(Collected data entries)
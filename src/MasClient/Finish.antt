-- ===== src/MasClient/Finish.antt =====
-- src/clients/mas.rs: the sessions that are listed, and those that can be finished.
use matrix_identity_admin.Prelude.{Bool, true, ◌||◌, ◌≡◌, refl, arith}
use matrix_identity_admin.Text.{Text, codes, text_eq}
use matrix_identity_admin.Models.Error.{Result, ok, err, is_ok}
use matrix_identity_admin.KeycloakClient.{Client, on_ok, answer, ◌>>=◌}
use matrix_identity_admin.MasClient.{
  ApiSession, MasHttp, MasConfig, session_of, finish_path, post_done, mas_admin_token,
  finish_session,
}

abbrev pub is_known_type : Text → Bool
is_known_type type = text_eq type (codes "compat") || text_eq type (codes "oauth2")

finish_path-known : (id type : Text) → is_ok (finish_path id type) ≡ is_known_type type
unfolding finish_path
finish_path-known id type = ground arith

module _ {N R : Type 0} (http : MasHttp N R) (config : MasConfig) where
  path-known :
      (token : Text) (path : Result Text) (c : Client N)
      → is_ok ((answer path >>= post_done http config token) c).0 ≡ true
      → is_ok path ≡ true
  unfolding answer on_ok ◌>>=◌
  path-known token (ok p) c h = refl
  path-known token (err e) c h = h

  token-known :
      (id type : Text) (token : Result Text) (c : Client N)
      → is_ok (on_ok (λ t. answer (finish_path id type) >>= post_done http config t) token c).0
        ≡ true
      → is_known_type type ≡ true
  unfolding on_ok
  token-known id type (ok t) c h =
      ground (arith, finish_path-known id type, path-known t (finish_path id type) c h)
  token-known id type (err e) c h = ground (arith, h)

  -- If finishing a session that was listed succeeds, with the type that the listing gave it, then
  -- the type of its resource in the answer of MAS was the word compat or the word oauth2: a session
  -- whose resource has any other type, compat-session for one, cannot be finished.
  pub finish_session-session_of :
      (r : ApiSession) (c : Client N)
      → is_ok (finish_session http config (session_of r).id (session_of r).session_type c).0 ≡ true
      → is_known_type r.resource_type ≡ true
  unfolding finish_session session_of ◌>>=◌
  finish_session-session_of r c h =
      let token = mas_admin_token http config c in
      token-known r.id r.resource_type token.0 token.1 h
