-- ===== src/Models.antt =====
-- The data model: src/models, and the application error of src/error.rs.
pub mod Error
pub mod Workflow
pub mod Audit
pub mod Accounts
pub mod Policy
pub mod Rooms
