-- ===== src/PolicyService/Rows.antt =====
-- src/db/policy.rs: the constraints of the table of policy bindings.
use matrix_identity_admin.Prelude.{
  any-append, List, [], ◌∷◌, ◌++◌, map, Option, Bool, true, false, not, ◌&&◌, any, keep, ◌≡◌, refl,
  arith, Bool-cases, inl, inr,
}
use matrix_identity_admin.Text.{Text, ℤ}
use matrix_identity_admin.Effects.Database.{Database, BindingRow}
use matrix_identity_admin.PolicyTables.{clash, same_key, has_valid_types, inserted, revised}

-- No two rows of the table clash, and each satisfies the CHECK constraints.
abbrev pub distinct : List BindingRow → Bool
distinct [] = true
distinct (x ∷ xs) = has_valid_types x && (not (any (clash x) xs) && distinct xs)

pub distinct-append :
    (rows : List BindingRow) (row : BindingRow)
    → distinct rows ≡ true
    → has_valid_types row ≡ true
    → any (λ r. clash r row) rows ≡ false
    → distinct (rows ++ row ∷ []) ≡ true
distinct-append [] row d v h = ground (arith, v)
distinct-append (x ∷ xs) row d v h =
    ground (arith, d, h, v, distinct-append xs row, any-append (clash x) xs (row ∷ []))

clash-revised :
    (id : Text) (level : Option ℤ) (remove : Bool) (now : Text) (a b : BindingRow)
    → clash (revised id level remove now a) (revised id level remove now b) ≡ clash a b
unfolding revised clash same_key
clash-revised id level remove now a b = ground arith

has_valid_types-revised :
    (id : Text) (level : Option ℤ) (remove : Bool) (now : Text) (a : BindingRow)
    → has_valid_types (revised id level remove now a) ≡ has_valid_types a
unfolding revised has_valid_types
has_valid_types-revised id level remove now a = ground arith

any-revised :
    (id : Text) (level : Option ℤ) (remove : Bool) (now : Text) (a : BindingRow)
    (rows : List BindingRow)
    → any (clash (revised id level remove now a)) (map (revised id level remove now) rows)
      ≡ any (clash a) rows
any-revised id level remove now a [] = refl
any-revised id level remove now a (r ∷ rows) =
    ground (arith, clash-revised id level remove now a r, any-revised id level remove now a rows)

pub distinct-revised :
    (id : Text) (level : Option ℤ) (remove : Bool) (now : Text) (rows : List BindingRow)
    → distinct (map (revised id level remove now) rows) ≡ distinct rows
distinct-revised id level remove now [] = refl
distinct-revised id level remove now (r ∷ rows) = ground (
  arith,
  has_valid_types-revised id level remove now r,
  any-revised id level remove now r rows,
  distinct-revised id level remove now rows,
)

any-keep :
    (p q : BindingRow → Bool) (rows : List BindingRow)
    → any p rows ≡ false
    → any p (keep q rows) ≡ false
any-keep p q [] h = refl
any-keep p q (r ∷ rows) h = ground (arith, h, any-keep p q rows)

pub distinct-keep :
    (q : BindingRow → Bool) (rows : List BindingRow)
    → distinct rows ≡ true
    → distinct (keep q rows) ≡ true
distinct-keep q [] d = refl
distinct-keep q (r ∷ rows) d = ground (arith, d, any-keep (clash r) q rows, distinct-keep q rows)

pub distinct-inserted :
    (message : Text) (row : BindingRow) (db : Database)
    → distinct db.policy_bindings ≡ true
    → distinct (inserted message row db).1.policy_bindings ≡ true
unfolding inserted
distinct-inserted message row db d =
    elim (Bool-cases (has_valid_types row && not (any (λ r. clash r row) db.policy_bindings))) [
      | inl h ↦
          rw h (distinct-append db.policy_bindings row d (ground (arith, h)) (ground (arith, h)))
      | inr h ↦ rw h d
    ]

What to do:
Write out only what runs from the line holding "p rows ≡ false" through the last line of the records, exactly as shown.

Response for this exercise:
    → any p rows ≡ false
    → any p (keep q rows) ≡ false
any-keep p q [] h = refl
any-keep p q (r ∷ rows) h = ground (arith, h, any-keep p q rows)

pub distinct-keep :
    (q : BindingRow → Bool) (rows : List BindingRow)
    → distinct rows ≡ true
    → distinct (keep q rows) ≡ true
distinct-keep q [] d = refl
distinct-keep q (r ∷ rows) d = ground (arith, d, any-keep (clash r) q rows, distinct-keep q rows)

pub distinct-inserted :
    (message : Text) (row : BindingRow) (db : Database)
    → distinct db.policy_bindings ≡ true
    → distinct (inserted message row db).1.policy_bindings ≡ true
unfolding inserted
distinct-inserted message row db d =
    elim (Bool-cases (has_valid_types row && not (any (λ r. clash r row) db.policy_bindings))) [
      | inl h ↦
          rw h (distinct-append db.policy_bindings row d (ground (arith, h)) (ground (arith, h)))
      | inr h ↦ rw h d
    ]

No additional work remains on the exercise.